In 1657, the pharmacy was taken over by Ernst Andreas Hornbostel, who was married to Andreae's widow. Eleven years later, it was moved to a square near the ducal palace and Hornbostel was officially appointed court pharmacist.

In 1679, Hornbostel died and his stepson, Ernst Leopold Andreae (born ca. 1640), succeeded him as court pharmacist. He is mentioned in 1673 as the "court pharmacist of the Dowager Princess", i.e. Elisabeth Sophie of Brunswick-Lüneburg.

In 1668, the Prince-Bishop of Osnabrück, the later Ernest Augustus, Elector of Brunswick-Lüneburg, had appointed Christian Jäger as his court pharmacist in Iburg and Osnabrück. When Ernest Augustus relocated to Hanover in 1680, Jäger moved his pharmacy as well and demanded the status of court pharmacist and that the Andreae Pharmacy be closed because he claimed to be the "true court pharmacist." This led to over 20 years of legal wrangling between Jäger and Johann Andreae's children, which ended with a settlement.

In 1732, the widow and children of the deceased court pharmacist Heinrich Leopold Andreae received a confirmation of their ducal privilege from George II. In 1747, his son Johann Gerhard Reinhard Andreae, the famous natural scientist, became owner of the pharmacy. He was also a noted philanthropist in Hanover. The botanist Jakob Friedrich Ehrhart worked as an apprentice in the firm under J.G.R. Andreae's ownership, and later named the genus Andreaea (the type genus of the family Andreaeaceae) for Andreae.
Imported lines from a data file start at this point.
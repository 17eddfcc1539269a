-- ===== src/Echo/Covered.antt =====
-- What the rounds of the non-blocking server keep.
use mathlib.Core.Path.{subst}
use network_ex.Common.{
  ℕ, zero, suc, ◌+◌, ◌≤◌, ◌<◌, ◌≡◌, ◌≢◌, refl, ◌⊎◌, inl, inr, some, List, [], ◌∷◌, replicate, arith,
  Option-cases,
}
use network_ex.Common.Bytes.{Bytes}
use network_ex.Common.Int.{ℤ, pos, negsuc}
use network_ex.Echo.NonBlocking.{
  max_line, array_size, FdArray, assign, Accepted, connection, again, failed, Incoming, would_block,
  broken, got, Swept, read_into, sweep, Server, init, Turn, round, run,
}

-- To split on an entry.
is_one : (z : ℤ) → (z ≡ pos 1) ⊎ (z ≢ pos 1)
is_one (pos zero) = inr (λ e. ground arith)
is_one (pos (suc zero)) = inl refl
is_one (pos (suc (suc n))) = inr (λ e. ground arith)
is_one (negsuc n) = inr (λ e. ground arith)

-- To split on an answer: nothing yet, the connection is closed, or bytes.
Incoming-cases :
    (m : Incoming)
    → (m ≡ would_block)
      ⊎ (((m ≡ broken) ⊎ (m ≡ got [])) ⊎ ((b : ℕ) × (bs : Bytes) × (m ≡ got (b ∷ bs))))
Incoming-cases would_block = inl refl
Incoming-cases broken = inr (inl (inl refl))
Incoming-cases (got []) = inr (inl (inr refl))
Incoming-cases (got (b ∷ bs)) = inr (inr (b, bs, refl))

-- A sweep makes no connection.
sweep-fds :
    (reads : ℕ → Incoming) (n i : ℕ) (buf : Bytes) (fds : FdArray) (j : ℕ)
    → (sweep reads n i buf fds).fds j ≡ pos 1
    → fds j ≡ pos 1
unfolding sweep assign
sweep-fds reads zero i buf fds j h = h
sweep-fds reads (suc n) i buf fds j h = elim (is_one (fds i)) [
  | inr other ↦ sweep-fds reads n (i + 1) buf fds j (ground arith)
  | inl one ↦ elim (Incoming-cases (reads i)) [
    | inl wait ↦ sweep-fds reads n (i + 1) buf fds j (ground arith)
    | inr (inl closed) ↦ ground arith
    | inr (inr (b, bs, e)) ↦ sweep-fds reads n (i + 1) (read_into (b ∷ bs) buf) fds j (ground arith)
  ]
]

-- Every connection is in the part of the array that the loop goes over.
pub record IsCovered (s : Server) : Type 0 where
  pub in_array : s.maxfd < array_size
  pub swept : (i : ℕ) → s.client_fd_array i ≡ pos 1 → i ≤ s.maxfd

round-IsCovered :
    (s : Server) (accepted : Accepted) (reads : ℕ → Incoming) (turn : Turn)
    → IsCovered s
    → round s accepted reads ≡ some turn
    → IsCovered turn.server
unfolding round assign
round-IsCovered s (connection fd) reads turn c h = record {
  in_array = ground arith;
  swept = λ i one. ground (arith, c.swept i);
}
round-IsCovered s failed reads turn c h = record {
  in_array = ground arith;
  swept = λ i one. ground (arith, c.swept i);
}
round-IsCovered s again reads turn c h =
    let swept : Swept = sweep reads (s.maxfd + 1) 0 (replicate max_line 0) s.client_fd_array in
    let same : record s { client_fd_array = swept.fds } ≡ turn.server = ground arith in
    subst IsCovered same (record {
      in_array = c.in_array;
      swept = λ i one.
          c.swept i
            (sweep-fds reads (s.maxfd + 1) 0 (replicate max_line 0) s.client_fd_array i one);
    })

run-IsCovered :
    (s s' : Server) (rounds : List (Accepted × (ℕ → Incoming)))
    → IsCovered s
    → run s rounds ≡ some s'
    → IsCovered s'
unfolding run
run-IsCovered s s' [] c h = let same : s ≡ s' = ground arith in subst IsCovered same c
run-IsCovered s s' ((accepted, reads) ∷ rest) c h = elim (Option-cases (round s accepted reads)) [
  | inl overrun ↦ absurd (ground arith)
  | inr (turn, e) ↦
      run-IsCovered turn.server s' rest (round-IsCovered s accepted reads turn c e) (ground arith)
]

-- From a listening socket that is in the array, whatever the kernel answers: while nothing is
-- written past the array, every connection that is open is within the part that the next sweep goes
-- over, and so is that part within the array.
pub run_covers :
    (server_sockfd : ℕ) (rounds : List (Accepted × (ℕ → Incoming))) (s : Server)
    → server_sockfd < array_size
    → run (init server_sockfd) rounds ≡ some s
    → (s.maxfd < array_size) × ((i : ℕ) → s.client_fd_array i ≡ pos 1 → i ≤ s.maxfd)
run_covers server_sockfd rounds s small h =
    let c : IsCovered s =
      run-IsCovered (init server_sockfd) s rounds
        (record { in_array = small; swept = λ i one. absurd (ground arith) }) h in
    (c.in_array, c.swept)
The Andreae family were one of the most highly regarded families in Hanover, and J.G.R. Andreae in particular was one of the city's major benefactors.

Johann Gerhard Reinhard Andreae had no children of his own, but he had one sister, Sophie Elisabeth Andreae (1730–1764), who was married to the banker turned theatre director Abel Seyler. Following her death, her husband Abel Seyler gave up his paternal rights to their three children to his brother-in-law Andreae, who raised them as his own. They were Abel Jacob Gerhard Seyler (1756–1805), who became a court pharmacist and a member of the Illuminati, Ludwig Erdwin Seyler (1758–1836), who became a prominent banker and co-owner of Berenberg Bank, and Sophie Seyler (1762–1833), who married the poet Johann Anton Leisewitz. After Andreae's death in 1793, the Seyler siblings inherited the pharmacy, and employed Philipp Friedrich David Murray (1770–1828) as its administrator. In 1803, Abel Jacob Gerhard Seyler sold the pharmacy to Johann Ludewig Wilhelm Gruner, with a ducal privilege from George III.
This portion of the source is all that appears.